Northern Hunter-Gatherers Research Series Volume 1
The first volume of Northern Hunter-Gatherers: Research Series is dedicated to Hunter-Gatherer Culture Change and Continuity in the Middle Holocene of the Cis-Baikal, Siberia.
From about 9000 to 3000 years BP, the Baikal area was successively inhabited by two major groups, the Kitoi, who date back to the Late Mesolithic and Early Neolithic, and the Serovo-Glazkovo, who date from the Middle through Late Neolithic to Bronze Age. A distinct feature is a discontinuity separating the Kitoi from the Serovo-Glazkovo groups; the comprehensive examination of biological and cultural characteristics of these two groups and the explanation of the discontinuity phenomenon has become the main focus of the Lake Baikal Archaeology Project.
This volume, a product of the project’s start up conference during the Canadian Archaeological Association meetings in May 2001, is both a reflection of our current state of knowledge and a research outline. The assembled papers highlight the interdisciplinary and international nature of the Baikal Archaeology Project. The eleven papers review current research, or present preliminary field or laboratory work, or do a little bit of both. The theoretical and empirical program of work for the Baikal Archaeology Project is laid out. The papers contributed by Russian collaborators provide an important introduction to Russian perspectives on this research including theoretical approaches, model building, and data analysis and interpretation. Some of these approaches inevitably differ from those developed by the rest of the team which, of course, is not entirely homogenous in this regard either. Such differences can only be viewed as creative stimuli in this collaborative project.
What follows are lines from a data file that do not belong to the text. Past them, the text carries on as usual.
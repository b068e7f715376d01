-- ===== src/UseCase/Create/Plan.antt =====
-- What a creation stores and publishes if it goes through: the payment, its event, the rows and
-- the message, from the command and the readings that the world gives next.
use mco_louna_task.Base.{◌+◌, false, [], ◌∷◌}
use mco_louna_task.Values.{Value, TaskStatus, Fields, uuid_text, str, dict, text, iso_text}
use mco_louna_task.Domain.ValueObject.{ValueObject}
use mco_louna_task.Domain.Timestamp.{utc}
use mco_louna_task.Domain.Event.{Event, EventClass, registry_key}
use mco_louna_task.Domain.Payment.{Payment, created_event}
use mco_louna_task.Serial.Event.{entry, envelope_dict}
use mco_louna_task.Storage.Payments.{row_of, insert_payment}
use mco_louna_task.Storage.Outbox.{new_row, insert_rows}
use mco_louna_task.Broker.Routes.{payments_exchange, new_payments_q}
use mco_louna_task.Broker.Bus.{delivery}
use mco_louna_task.UseCase.Create.{CreatePaymentCommand, Parts, fresh_payment}
use mco_louna_task.Exec.{World, Database, OutboxRow, Delivery}

abbrev pub checked : {A : Type 0} → A → ValueObject A
checked a = record { value = a; rebuilding = false }

abbrev pub planned_parts : CreatePaymentCommand → Parts
planned_parts c = record {
  amount = checked c.amount;
  currency = c.currency;
  key = checked c.key;
  description = checked c.description;
  metadata = checked c.metadata;
  webhook_url = checked c.webhook_url;
}

-- The payment that `new_payment` makes, before its event is recorded.
abbrev pub drawn_payment : Parts → World → Payment
drawn_payment parts w =
    fresh_payment parts (checked (w.env.uuid4 w.tick)) (checked (utc (w.env.clock (w.tick + 1))))

abbrev pub drawn_event : Parts → World → Event
drawn_event parts w =
    created_event (w.env.uuid4 (w.tick + 1 + 1)) (w.env.clock (w.tick + 1 + 1 + 1))
      (drawn_payment parts w)

-- The first reading of a creation is that of the row locks.
abbrev pub after_lookup : World → World
after_lookup w = record w { tick = w.tick + 1 }

abbrev pub planned_payment : CreatePaymentCommand → World → Payment
planned_payment c w = drawn_payment (planned_parts c) (after_lookup w)

abbrev pub planned_event : CreatePaymentCommand → World → Event
planned_event c w = drawn_event (planned_parts c) (after_lookup w)

abbrev pub created_payload : Payment → Fields
created_payload p = entry "payment_id" (text (uuid_text p.id.value)) mco_louna_task.Values.end

-- The outbox row of a creation event.
abbrev pub event_row : Event → Payment → OutboxRow
event_row e p = new_row (registry_key EventClass.created) e.id e.occurred_at (created_payload p)

abbrev pub store : Payment → Event → Database → Database
store p e d = insert_rows (event_row e p ∷ []) (insert_payment (row_of p) d)

abbrev pub created_db : CreatePaymentCommand → World → Database
created_db c w = store (planned_payment c w) (planned_event c w) w.db

-- The message of a creation event.
abbrev pub created_message : Event → Payment → Value
created_message e p = envelope_dict (record {
  id = uuid_text e.id;
  occurred_at = text (iso_text e.occurred_at);
  queue = registry_key EventClass.created;
  payload = created_payload p;
})

abbrev pub created_delivery : CreatePaymentCommand → World → Delivery
created_delivery c w =
    delivery new_payments_q payments_exchange
      (created_message (planned_event c w) (planned_payment c w))
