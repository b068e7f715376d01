-- ===== src/UseCase/Process/Plan.antt =====
-- What processing a payment row stores and publishes if it goes through, from the readings that
-- the world gives after the row was read.
use mco_louna_task.Values.{
  Fields, PaymentStatus, Value, currency_value, decimal_text, end, iso_text, none_value,
  status_value, str, text, uuid_text,
}
use mco_louna_task.UseCase.Create.Plan.{checked}
use mco_louna_task.Storage.Payments.{has_id, to_domain}
use mco_louna_task.Storage.Outbox.{insert_rows, new_row}
use mco_louna_task.Serial.Event.{entry, envelope_dict}
use mco_louna_task.Exec.{Database, Delivery, OutboxRow, PaymentRow, World}
use mco_louna_task.Domain.Timestamp.{utc}
use mco_louna_task.Domain.Payment.{Payment, processed_event}
use mco_louna_task.Domain.Event.{Event, EventClass, registry_key}
use mco_louna_task.Broker.Routes.{notify_payments_q, payments_exchange}
use mco_louna_task.Broker.Bus.{delivery}
use mco_louna_task.Base.{Bool, [], false, some, true, update_where, ◌+◌, ◌∷◌}

abbrev pub chosen_status : Bool → PaymentStatus
chosen_status true = PaymentStatus.confirmed
chosen_status false = PaymentStatus.failed

abbrev pub chosen_reason : Bool → Value
chosen_reason true = none_value
chosen_reason false = text (str "simulated error")

abbrev pub settled_payment : PaymentRow → World → Payment
settled_payment row w =
    let p = to_domain row in
    record p {
      status = chosen_status (w.env.success w.tick);
      processed_at = some (checked (utc (w.env.clock (w.tick + 1))));
    }

abbrev pub settled_event : PaymentRow → World → Event
settled_event row w =
    processed_event (w.env.uuid4 (w.tick + 1 + 1)) (w.env.clock (w.tick + 1 + 1 + 1))
      (chosen_reason (w.env.success w.tick)) (settled_payment row w)

abbrev pub settled_payload : PaymentRow → World → Fields
settled_payload row w = entry "payment_id" (text (uuid_text row.id)) (
    entry "amount" (text (decimal_text row.amount)) (
      entry "currency" (text (str (currency_value row.currency))) (
        entry "webhook_url" (text (str row.webhook_url)) (
          entry "status" (text (str (status_value (chosen_status (w.env.success w.tick)))))
            (entry "reason" (chosen_reason (w.env.success w.tick)) end)))))

abbrev pub settled_event_row : PaymentRow → World → OutboxRow
settled_event_row row w =
    new_row (registry_key EventClass.processed) (w.env.uuid4 (w.tick + 1 + 1))
      (utc (w.env.clock (w.tick + 1 + 1 + 1))) (settled_payload row w)

-- the change of the row itself
abbrev pub settle : World → PaymentRow → PaymentRow
settle w row = record row {
  status = chosen_status (w.env.success w.tick);
  processed_at = some (utc (w.env.clock (w.tick + 1)));
}

abbrev pub settled_db : PaymentRow → World → Database → Database
settled_db row w d =
    insert_rows (settled_event_row row w ∷ [])
      (record d { payments = update_where (has_id row.id) (settle w) d.payments })

abbrev pub settled_delivery : PaymentRow → World → Delivery
settled_delivery row w = delivery notify_payments_q payments_exchange (
    envelope_dict (record {
      id = uuid_text (w.env.uuid4 (w.tick + 1 + 1));
      occurred_at = text (iso_text (utc (w.env.clock (w.tick + 1 + 1 + 1))));
      queue = registry_key EventClass.processed;
      payload = settled_payload row w;
    }))
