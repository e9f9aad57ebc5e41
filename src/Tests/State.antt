-- ===== src/Tests/State.antt =====
-- Runs of the contract state, and the witnesses of its results.
use zentra_chain.Prelude.{ℕ, ◌≡◌, ◌≢◌, refl, List, [], ◌∷◌, arith}
use zentra_chain.Runtime.State
use zentra_chain.Runtime.State.{StateMap, empty_state, get, set, delete, contract_count, state_root}
use zentra_chain.Runtime.State.Reads.{get-set}
use zentra_chain.Runtime.State.Tidy.{start, write}
use zentra_chain.Runtime.State.Root.{state_root-same_reads, state_root-shift}
use zentra_chain.Tests.Data.{toy}

abbrev one_way : StateMap
one_way = set (set empty_state 7 (1 ∷ []) (10 ∷ [])) 8 (2 ∷ []) (20 ∷ [])

abbrev other_way : StateMap
other_way = set (set empty_state 8 (2 ∷ []) (20 ∷ [])) 7 (1 ∷ []) (10 ∷ [])

-- Deleting the last key of a contract removes the contract.
last_key : contract_count (delete one_way 7 (1 ∷ [])) ≡ 1
unfolding contract_count delete set State.put_back empty_state
last_key = refl

one_way-reads : (contract : ℕ) (k : List ℕ) → get one_way contract k ≡ get other_way contract k
one_way-reads contract k =
    let first : StateMap = set empty_state 7 (1 ∷ []) (10 ∷ []) in
    let other : StateMap = set empty_state 8 (2 ∷ []) (20 ∷ []) in
    ground (
      arith,
      get-set first 8 (2 ∷ []) (20 ∷ []) contract k,
      get-set empty_state 7 (1 ∷ []) (10 ∷ []) contract k,
      get-set other 7 (1 ∷ []) (10 ∷ []) contract k,
      get-set empty_state 8 (2 ∷ []) (20 ∷ []) contract k,
    )

state_root-same_reads_example : state_root toy one_way ≡ state_root toy other_way
state_root-same_reads_example =
    state_root-same_reads toy one_way other_way
      (write 8 (2 ∷ []) (20 ∷ []) (write 7 (1 ∷ []) (10 ∷ []) start))
      (write 7 (1 ∷ []) (10 ∷ []) (write 8 (2 ∷ []) (20 ∷ []) start)) one_way-reads

state_root-shift_example :
    (state_root toy (set empty_state 7 (1 ∷ []) (2 ∷ 3 ∷ []))
      ≡ state_root toy (set empty_state 7 (1 ∷ 2 ∷ []) (3 ∷ [])))
    × (get (set empty_state 7 (1 ∷ []) (2 ∷ 3 ∷ [])) 7 (1 ∷ [])
        ≢ get (set empty_state 7 (1 ∷ 2 ∷ []) (3 ∷ [])) 7 (1 ∷ []))
state_root-shift_example = state_root-shift toy 7 (1 ∷ []) (3 ∷ []) 2
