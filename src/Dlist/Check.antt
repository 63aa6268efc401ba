-- ===== src/Dlist/Check.antt =====
-- A reader of RcuDlistTest: which lists its check accepts.
use mathlib.Core.List.{append_assoc}
use relativistic_hash_table.Base.{
  ℕ, zero, suc, ◌+◌, ◌%◌, ◌≤◌, ◌<◌, ◌≡◌, refl, sym, Bool, true, false, none, some, List, [], ◌∷◌,
  ◌++◌, arith, subst, ◌==◌, ==→eq, ==_false, ◌&&◌, ltb, ◌≢◌, length, Bool-cases, inl, inr, ==-refl,
  ◌⊎◌,
}
use relativistic_hash_table.Memory.{Ptr, Mem}
use relativistic_hash_table.Memory.Ensures.{Ensures, returns, loads, mono}
use relativistic_hash_table.Memory.Chain.{first}
use relativistic_hash_table.Memory.Leads.{Reads}
use relativistic_hash_table.Dlist.Iter.{begin, is_end, advance}
use relativistic_hash_table.Dlist.Ring.{IsRing}
use relativistic_hash_table.Dlist.Remove.{gone-next}
use relativistic_hash_table.Dlist.Erase.{element_ne_head}
use relativistic_hash_table.Dlist.Client.{verify_element, verify_loop, verify_walk}
use relativistic_hash_table.Dlist.Walk.{verify_element-Lags}

-- A list that a walk from `expected` on accepts: the values rise, and each number that is left out in
-- front of one of them is 0 or 1 modulo 8.
abbrev pub Rises : (value : Ptr → ℕ) (expected : ℕ) → List Ptr → Type 0
Rises value expected [] = Unit
Rises value expected (x ∷ xs) =
    (expected ≤ value x)
    × ((n : ℕ) → expected ≤ n → n < value x → n % 8 ≤ 1)
    × Rises value (value x + 1) xs

-- `e` is the value `v`, or one or two numbers may be left out in front of it.
abbrev Near : (e v : ℕ) → Type 0
Near e v = (e ≡ v) ⊎ ((e + 1 ≡ v) × (e % 8 ≤ 1)) ⊎ ((e + 2 ≡ v) × (e % 8 ≡ 0))

Near-cases : (e v : ℕ) → Near e v ⊎ (Near e v → ⊥)
Near-cases e v = elim (Bool-cases (e == v)) [
  | inl same ↦ inl (inl (==→eq e v same))
  | inr off ↦ elim (Bool-cases (e + 1 == v)) [
    | inl one ↦ elim (Bool-cases (ltb (e % 8) 2)) [
      | inl low ↦ inl (inr (inl (==→eq (e + 1) v one, ground (arith, low))))
      | inr high ↦ inr (λ near. far_one near (ground (arith, high)) (==→eq (e + 1) v one))
    ]
    | inr off1 ↦ elim (Bool-cases ((e + 2 == v) && (e % 8 == 0))) [
      | inl two ↦ inl (inr (inr (ground (arith, two), ground (arith, two))))
      | inr off2 ↦ inr (λ near. far_two near (==_false e v off) (==_false (e + 1) v off1) off2)
    ]
  ]
]
  where
    far_one : Near e v → 2 ≤ e % 8 → e + 1 ≡ v → ⊥
    far_one (inl same) high at = omega arith
    far_one (inr (inl one)) high at = omega arith
    far_one (inr (inr two)) high at = omega arith

    far_two : Near e v → e ≢ v → e + 1 ≢ v → ((e + 2 == v) && (e % 8 == 0)) ≡ false → ⊥
    far_two (inl same) off off1 off2 = off same
    far_two (inr (inl one)) off off1 off2 = off1 one.0
    far_two (inr (inr two)) off off1 off2 = ground (arith, two.0, two.1, off2)

Near-left_out : (e v : ℕ) → Near e v → (n : ℕ) → e ≤ n → n < v → n % 8 ≤ 1
Near-left_out e v (inl same) n low high = omega arith
Near-left_out e v (inr (inl one)) n low high = omega arith
Near-left_out e v (inr (inr two)) n low high = omega arith

left_out-Near : (e v : ℕ) → e ≤ v → ((n : ℕ) → e ≤ n → n < v → n % 8 ≤ 1) → Near e v
left_out-Near e v low out = elim (Bool-cases (e == v)) [
  | inl same ↦ inl (==→eq e v same)
  | inr off ↦
      let first = out e (omega arith) (ground (arith, low, off)) in
      elim (Bool-cases (e + 1 == v)) [
        | inl one ↦ inr (inl (==→eq (e + 1) v one, first))
        | inr off1 ↦
            let second = out (e + 1) (omega arith) (ground (arith, low, off, off1)) in
            elim (Bool-cases (e + 2 == v)) [
              | inl two ↦ inr (inr (==→eq (e + 2) v two, omega (arith, first, second)))
              | inr off2 ↦ absurd (
                  omega (
                    arith,
                    first,
                    second,
                    out (e + 2) (omega arith) (ground (arith, low, off, off1, off2)),
                  ))
            ]
      ]
]

verify_element-Near :
    (value : Ptr → ℕ) (x : Ptr) (e : ℕ)
    → Near e (value x)
    → verify_element value x e ≡ some (value x + 1)
verify_element-Near value x e near = verify_element-Lags value x e (value x) near refl

verify_element-far :
    (value : Ptr → ℕ) (x : Ptr) (e : ℕ) → (Near e (value x) → ⊥) → verify_element value x e ≡ none
unfolding verify_element
verify_element-far value x e far = ground (arith, apart0, apart1, apart2)
  where
    apart0 : e ≢ value x
    apart0 at = far (inl at)

    apart1 : e + 1 ≡ value x → e % 8 ≤ 1 → ⊥
    apart1 at low = far (inr (inl (at, low)))

    apart2 : e + 2 ≡ value x → e % 8 ≢ 0
    apart2 at zero_left = far (inr (inr (at, zero_left)))

-- What a walk from `expected` on says of a list.
abbrev Judges : (value : Ptr → ℕ) (expected : ℕ) → List Ptr → Bool → Type 0
Judges value expected xs accepted =
    (accepted ≡ true → Rises value expected xs) × (Rises value expected xs → accepted ≡ true)

module _ (value : Ptr → ℕ) (l : Ptr) (m : Mem) where
  verify_loop-Rises :
      (fuel : ℕ) (front xs : List Ptr) (e : ℕ)
      → IsRing m.next l (front ++ xs)
      → length xs < fuel
      → Ensures Reads
          (λ accepted m'. Judges value e xs accepted)
          (verify_loop value l fuel (first xs l) e)
          m
  unfolding verify_loop is_end advance
  verify_loop-Rises zero front xs e ring enough = absurd (omega arith)
  verify_loop-Rises (suc fuel) front [] e ring enough =
      rw (==-refl l) (returns ((λ yes. tt), λ rises. refl))
  verify_loop-Rises (suc fuel) front (x ∷ xs) e ring enough = elim (Near-cases e (value x)) [
    | inl near ↦
        rw (element_ne_head m l front x xs ring, verify_element-Near value x e near)
          (loads (gone-next m l front x xs ring) refl (
            mono
              (verify_loop-Rises fuel (front ++ (x ∷ [])) xs (value x + 1)
                (subst (IsRing m.next l) (sym (append_assoc front (x ∷ []) xs)) ring)
                (omega (arith, enough)))
              λ accepted m' (sound, whole). (
                (λ yes. (near_le near, Near-left_out e (value x) near, sound yes)),
                (λ rises. whole rises.2),
              )))
    | inr far ↦
        rw (element_ne_head m l front x xs ring, verify_element-far value x e far)
          (returns (
            (λ never. cc never),
            (λ rises. absurd (far (left_out-Near e (value x) rises.0 rises.1))),
          ))
  ]
    where
      near_le : {v : ℕ} → Near e v → e ≤ v
      near_le (inl same) = omega arith
      near_le (inr (inl one)) = omega arith
      near_le (inr (inr two)) = omega arith

-- A walk over any list, with more rounds than it has elements, only reads, and `verify_walk` returns
-- true, so that it does not throw, exactly if the values rise from 0 and each number that is left out
-- in front of one of them is 0 or 1 modulo 8.
pub verify_walk-Rises :
    (value : Ptr → ℕ) (fuel : ℕ) (l : Ptr) (xs : List Ptr) (m : Mem)
    → IsRing m.next l xs
    → length xs < fuel
    → Ensures Reads
        (λ accepted m'. (accepted ≡ true → Rises value 0 xs) × (Rises value 0 xs → accepted ≡ true))
        (verify_walk value fuel l)
        m
unfolding verify_walk begin
verify_walk-Rises value fuel l xs m ring enough =
    loads ring.forward.1 refl (verify_loop-Rises value l m fuel [] xs 0 ring enough)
While not nearly exhaustive of the research being conducted, the papers represent the general direction in which the project is heading. We look forward to following up on this research in future volumes as well as introducing other aspects of the project that could not be included here. Together, the studies comprising the Baikal Archaeology Project promise to contribute to a better understanding of the lives of northern hunter-gatherers, both in the Cis-Baikal and worldwide.